* **THE PROBLEM**:
Starting with the first line, output the data exactly through to the end.

+++++

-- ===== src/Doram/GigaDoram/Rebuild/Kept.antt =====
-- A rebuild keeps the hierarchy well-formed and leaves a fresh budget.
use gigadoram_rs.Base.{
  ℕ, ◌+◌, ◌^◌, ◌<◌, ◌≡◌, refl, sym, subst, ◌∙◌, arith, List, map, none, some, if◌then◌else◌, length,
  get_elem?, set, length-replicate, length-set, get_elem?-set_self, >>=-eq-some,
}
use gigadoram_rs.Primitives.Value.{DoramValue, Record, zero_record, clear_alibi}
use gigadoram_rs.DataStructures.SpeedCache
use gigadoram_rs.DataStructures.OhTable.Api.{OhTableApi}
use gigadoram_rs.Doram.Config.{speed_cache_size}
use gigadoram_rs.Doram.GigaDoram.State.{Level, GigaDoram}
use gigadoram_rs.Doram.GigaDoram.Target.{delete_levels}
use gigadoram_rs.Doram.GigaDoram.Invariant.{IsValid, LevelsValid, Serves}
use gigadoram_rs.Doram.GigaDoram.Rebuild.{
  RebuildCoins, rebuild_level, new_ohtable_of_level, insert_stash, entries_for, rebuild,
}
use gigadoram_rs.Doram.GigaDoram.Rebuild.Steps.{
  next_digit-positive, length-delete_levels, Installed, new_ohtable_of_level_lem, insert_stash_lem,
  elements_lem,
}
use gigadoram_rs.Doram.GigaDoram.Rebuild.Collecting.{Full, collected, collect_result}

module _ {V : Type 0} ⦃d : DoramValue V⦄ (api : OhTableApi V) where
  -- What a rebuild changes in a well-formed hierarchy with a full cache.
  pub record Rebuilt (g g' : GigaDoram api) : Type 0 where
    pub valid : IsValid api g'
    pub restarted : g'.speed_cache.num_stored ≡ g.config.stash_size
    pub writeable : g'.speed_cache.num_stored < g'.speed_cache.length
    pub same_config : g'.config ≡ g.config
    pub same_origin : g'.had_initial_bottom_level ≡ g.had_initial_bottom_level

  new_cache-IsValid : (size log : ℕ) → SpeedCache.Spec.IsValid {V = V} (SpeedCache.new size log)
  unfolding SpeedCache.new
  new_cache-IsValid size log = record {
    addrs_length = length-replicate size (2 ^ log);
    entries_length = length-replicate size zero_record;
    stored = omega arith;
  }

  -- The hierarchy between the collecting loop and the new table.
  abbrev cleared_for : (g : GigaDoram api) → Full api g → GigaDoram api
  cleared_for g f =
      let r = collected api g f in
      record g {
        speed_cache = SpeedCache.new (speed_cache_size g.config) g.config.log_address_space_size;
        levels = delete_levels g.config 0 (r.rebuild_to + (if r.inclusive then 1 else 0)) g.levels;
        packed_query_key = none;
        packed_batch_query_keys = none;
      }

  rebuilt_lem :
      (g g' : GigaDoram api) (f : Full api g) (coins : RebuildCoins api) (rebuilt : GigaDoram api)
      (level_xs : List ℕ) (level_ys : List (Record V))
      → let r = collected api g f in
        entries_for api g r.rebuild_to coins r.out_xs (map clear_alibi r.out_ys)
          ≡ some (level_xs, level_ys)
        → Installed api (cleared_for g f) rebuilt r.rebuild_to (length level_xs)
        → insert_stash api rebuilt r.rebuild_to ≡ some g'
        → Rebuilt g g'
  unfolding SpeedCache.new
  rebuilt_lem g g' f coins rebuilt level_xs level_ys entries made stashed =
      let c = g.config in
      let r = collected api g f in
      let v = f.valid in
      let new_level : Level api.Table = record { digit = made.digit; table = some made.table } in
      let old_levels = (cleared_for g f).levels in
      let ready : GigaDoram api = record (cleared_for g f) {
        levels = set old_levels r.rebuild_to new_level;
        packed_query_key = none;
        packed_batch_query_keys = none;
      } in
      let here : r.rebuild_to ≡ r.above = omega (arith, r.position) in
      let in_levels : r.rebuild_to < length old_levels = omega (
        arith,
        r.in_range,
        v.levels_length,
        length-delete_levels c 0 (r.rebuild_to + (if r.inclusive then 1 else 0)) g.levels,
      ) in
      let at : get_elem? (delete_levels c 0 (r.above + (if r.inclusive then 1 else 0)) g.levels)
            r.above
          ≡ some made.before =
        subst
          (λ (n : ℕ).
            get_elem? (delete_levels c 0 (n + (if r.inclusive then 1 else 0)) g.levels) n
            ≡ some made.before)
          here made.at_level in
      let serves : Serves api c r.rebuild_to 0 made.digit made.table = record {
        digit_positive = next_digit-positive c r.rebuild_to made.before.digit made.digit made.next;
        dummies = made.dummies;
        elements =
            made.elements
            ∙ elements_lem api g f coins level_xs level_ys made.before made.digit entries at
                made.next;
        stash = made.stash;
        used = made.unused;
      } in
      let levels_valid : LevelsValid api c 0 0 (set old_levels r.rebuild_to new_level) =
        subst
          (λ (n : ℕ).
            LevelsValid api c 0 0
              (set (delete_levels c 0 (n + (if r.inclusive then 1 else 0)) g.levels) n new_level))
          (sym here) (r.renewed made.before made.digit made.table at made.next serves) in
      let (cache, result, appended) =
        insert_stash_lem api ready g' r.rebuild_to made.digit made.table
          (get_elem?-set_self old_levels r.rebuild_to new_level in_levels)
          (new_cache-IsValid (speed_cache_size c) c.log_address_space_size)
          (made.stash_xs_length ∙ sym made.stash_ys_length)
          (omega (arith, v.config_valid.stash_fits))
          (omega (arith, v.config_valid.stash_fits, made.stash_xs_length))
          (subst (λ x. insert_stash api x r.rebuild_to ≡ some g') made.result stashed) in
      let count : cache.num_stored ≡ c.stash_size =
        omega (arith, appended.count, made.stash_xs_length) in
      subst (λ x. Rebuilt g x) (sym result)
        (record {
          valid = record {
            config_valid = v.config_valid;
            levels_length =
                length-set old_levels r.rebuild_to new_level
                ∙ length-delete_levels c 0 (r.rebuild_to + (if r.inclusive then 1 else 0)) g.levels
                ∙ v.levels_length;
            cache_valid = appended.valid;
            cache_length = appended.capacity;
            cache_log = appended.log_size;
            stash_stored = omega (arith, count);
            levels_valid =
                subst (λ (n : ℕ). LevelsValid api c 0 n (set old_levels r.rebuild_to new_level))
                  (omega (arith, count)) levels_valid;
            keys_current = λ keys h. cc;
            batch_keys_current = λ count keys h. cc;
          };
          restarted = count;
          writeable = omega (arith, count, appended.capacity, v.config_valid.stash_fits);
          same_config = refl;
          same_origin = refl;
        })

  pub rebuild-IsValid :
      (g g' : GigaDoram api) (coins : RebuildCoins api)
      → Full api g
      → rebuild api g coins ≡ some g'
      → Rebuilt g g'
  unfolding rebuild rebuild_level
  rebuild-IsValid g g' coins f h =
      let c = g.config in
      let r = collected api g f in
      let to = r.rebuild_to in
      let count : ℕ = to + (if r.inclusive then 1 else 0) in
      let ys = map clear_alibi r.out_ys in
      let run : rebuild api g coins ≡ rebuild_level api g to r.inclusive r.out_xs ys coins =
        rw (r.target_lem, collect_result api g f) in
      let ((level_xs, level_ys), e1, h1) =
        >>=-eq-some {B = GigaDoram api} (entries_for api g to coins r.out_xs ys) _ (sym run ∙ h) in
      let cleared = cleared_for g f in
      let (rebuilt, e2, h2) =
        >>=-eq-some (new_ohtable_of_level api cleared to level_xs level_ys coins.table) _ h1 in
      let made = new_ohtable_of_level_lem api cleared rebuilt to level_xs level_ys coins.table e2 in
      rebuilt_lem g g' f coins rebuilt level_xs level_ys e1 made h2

+++++

* **EXERCISE OUTPUT**:
-- ===== src/Doram/GigaDoram/Rebuild/Kept.antt =====
-- A rebuild keeps the hierarchy well-formed and leaves a fresh budget.
use gigadoram_rs.Base.{
  ℕ, ◌+◌, ◌^◌, ◌<◌, ◌≡◌, refl, sym, subst, ◌∙◌, arith, List, map, none, some, if◌then◌else◌, length,
  get_elem?, set, length-replicate, length-set, get_elem?-set_self, >>=-eq-some,
}
use gigadoram_rs.Primitives.Value.{DoramValue, Record, zero_record, clear_alibi}
use gigadoram_rs.DataStructures.SpeedCache
use gigadoram_rs.DataStructures.OhTable.Api.{OhTableApi}
use gigadoram_rs.Doram.Config.{speed_cache_size}
use gigadoram_rs.Doram.GigaDoram.State.{Level, GigaDoram}
use gigadoram_rs.Doram.GigaDoram.Target.{delete_levels}
use gigadoram_rs.Doram.GigaDoram.Invariant.{IsValid, LevelsValid, Serves}
use gigadoram_rs.Doram.GigaDoram.Rebuild.{
  RebuildCoins, rebuild_level, new_ohtable_of_level, insert_stash, entries_for, rebuild,
}
use gigadoram_rs.Doram.GigaDoram.Rebuild.Steps.{
  next_digit-positive, length-delete_levels, Installed, new_ohtable_of_level_lem, insert_stash_lem,
  elements_lem,
}
use gigadoram_rs.Doram.GigaDoram.Rebuild.Collecting.{Full, collected, collect_result}

module _ {V : Type 0} ⦃d : DoramValue V⦄ (api : OhTableApi V) where
  -- What a rebuild changes in a well-formed hierarchy with a full cache.
  pub record Rebuilt (g g' : GigaDoram api) : Type 0 where
    pub valid : IsValid api g'
    pub restarted : g'.speed_cache.num_stored ≡ g.config.stash_size
    pub writeable : g'.speed_cache.num_stored < g'.speed_cache.length
    pub same_config : g'.config ≡ g.config
    pub same_origin : g'.had_initial_bottom_level ≡ g.had_initial_bottom_level

  new_cache-IsValid : (size log : ℕ) → SpeedCache.Spec.IsValid {V = V} (SpeedCache.new size log)
  unfolding SpeedCache.new
  new_cache-IsValid size log = record {
    addrs_length = length-replicate size (2 ^ log);
    entries_length = length-replicate size zero_record;
    stored = omega arith;
  }

  -- The hierarchy between the collecting loop and the new table.
  abbrev cleared_for : (g : GigaDoram api) → Full api g → GigaDoram api
  cleared_for g f =
      let r = collected api g f in
      record g {
        speed_cache = SpeedCache.new (speed_cache_size g.config) g.config.log_address_space_size;
        levels = delete_levels g.config 0 (r.rebuild_to + (if r.inclusive then 1 else 0)) g.levels;
        packed_query_key = none;
        packed_batch_query_keys = none;
      }

  rebuilt_lem :
      (g g' : GigaDoram api) (f : Full api g) (coins : RebuildCoins api) (rebuilt : GigaDoram api)
      (level_xs : List ℕ) (level_ys : List (Record V))
      → let r = collected api g f in
        entries_for api g r.rebuild_to coins r.out_xs (map clear_alibi r.out_ys)
          ≡ some (level_xs, level_ys)
        → Installed api (cleared_for g f) rebuilt r.rebuild_to (length level_xs)
        → insert_stash api rebuilt r.rebuild_to ≡ some g'
        → Rebuilt g g'
  unfolding SpeedCache.new
  rebuilt_lem g g' f coins rebuilt level_xs level_ys entries made stashed =
      let c = g.config in
      let r = collected api g f in
      let v = f.valid in
      let new_level : Level api.Table = record { digit = made.digit; table = some made.table } in
      let old_levels = (cleared_for g f).levels in
      let ready : GigaDoram api = record (cleared_for g f) {
        levels = set old_levels r.rebuild_to new_level;
        packed_query_key = none;
        packed_batch_query_keys = none;
      } in
      let here : r.rebuild_to ≡ r.above = omega (arith, r.position) in
      let in_levels : r.rebuild_to < length old_levels = omega (
        arith,
        r.in_range,
        v.levels_length,
        length-delete_levels c 0 (r.rebuild_to + (if r.inclusive then 1 else 0)) g.levels,
      ) in
      let at : get_elem? (delete_levels c 0 (r.above + (if r.inclusive then 1 else 0)) g.levels)
            r.above
          ≡ some made.before =
        subst
          (λ (n : ℕ).
            get_elem? (delete_levels c 0 (n + (if r.inclusive then 1 else 0)) g.levels) n
            ≡ some made.before)
          here made.at_level in
      let serves : Serves api c r.rebuild_to 0 made.digit made.table = record {
        digit_positive = next_digit-positive c r.rebuild_to made.before.digit made.digit made.next;
        dummies = made.dummies;
        elements =
            made.elements
            ∙ elements_lem api g f coins level_xs level_ys made.before made.digit entries at
                made.next;
        stash = made.stash;
        used = made.unused;
      } in
      let levels_valid : LevelsValid api c 0 0 (set old_levels r.rebuild_to new_level) =
        subst
          (λ (n : ℕ).
            LevelsValid api c 0 0
              (set (delete_levels c 0 (n + (if r.inclusive then 1 else 0)) g.levels) n new_level))
          (sym here) (r.renewed made.before made.digit made.table at made.next serves) in
      let (cache, result, appended) =
        insert_stash_lem api ready g' r.rebuild_to made.digit made.table
          (get_elem?-set_self old_levels r.rebuild_to new_level in_levels)
          (new_cache-IsValid (speed_cache_size c) c.log_address_space_size)
          (made.stash_xs_length ∙ sym made.stash_ys_length)
          (omega (arith, v.config_valid.stash_fits))
          (omega (arith, v.config_valid.stash_fits, made.stash_xs_length))
          (subst (λ x. insert_stash api x r.rebuild_to ≡ some g') made.result stashed) in
      let count : cache.num_stored ≡ c.stash_size =
        omega (arith, appended.count, made.stash_xs_length) in
      subst (λ x. Rebuilt g x) (sym result)
        (record {
          valid = record {
            config_valid = v.config_valid;
            levels_length =
                length-set old_levels r.rebuild_to new_level
                ∙ length-delete_levels c 0 (r.rebuild_to + (if r.inclusive then 1 else 0)) g.levels
                ∙ v.levels_length;
            cache_valid = appended.valid;
            cache_length = appended.capacity;
            cache_log = appended.log_size;
            stash_stored = omega (arith, count);
            levels_valid =
                subst (λ (n : ℕ). LevelsValid api c 0 n (set old_levels r.rebuild_to new_level))
                  (omega (arith, count)) levels_valid;
            keys_current = λ keys h. cc;
            batch_keys_current = λ count keys h. cc;
          };
          restarted = count;
          writeable = omega (arith, count, appended.capacity, v.config_valid.stash_fits);
          same_config = refl;
          same_origin = refl;
        })

  pub rebuild-IsValid :
      (g g' : GigaDoram api) (coins : RebuildCoins api)
      → Full api g
      → rebuild api g coins ≡ some g'
      → Rebuilt g g'
  unfolding rebuild rebuild_level
  rebuild-IsValid g g' coins f h =
      let c = g.config in
      let r = collected api g f in
      let to = r.rebuild_to in
      let count : ℕ = to + (if r.inclusive then 1 else 0) in
      let ys = map clear_alibi r.out_ys in
      let run : rebuild api g coins ≡ rebuild_level api g to r.inclusive r.out_xs ys coins =
        rw (r.target_lem, collect_result api g f) in
      let ((level_xs, level_ys), e1, h1) =
        >>=-eq-some {B = GigaDoram api} (entries_for api g to coins r.out_xs ys) _ (sym run ∙ h) in
      let cleared = cleared_for g f in
      let (rebuilt, e2, h2) =
        >>=-eq-some (new_ohtable_of_level api cleared to level_xs level_ys coins.table) _ h1 in
      let made = new_ohtable_of_level_lem api cleared rebuilt to level_xs level_ys coins.table e2 in
      rebuilt_lem g g' f coins rebuilt level_xs level_ys e1 made h2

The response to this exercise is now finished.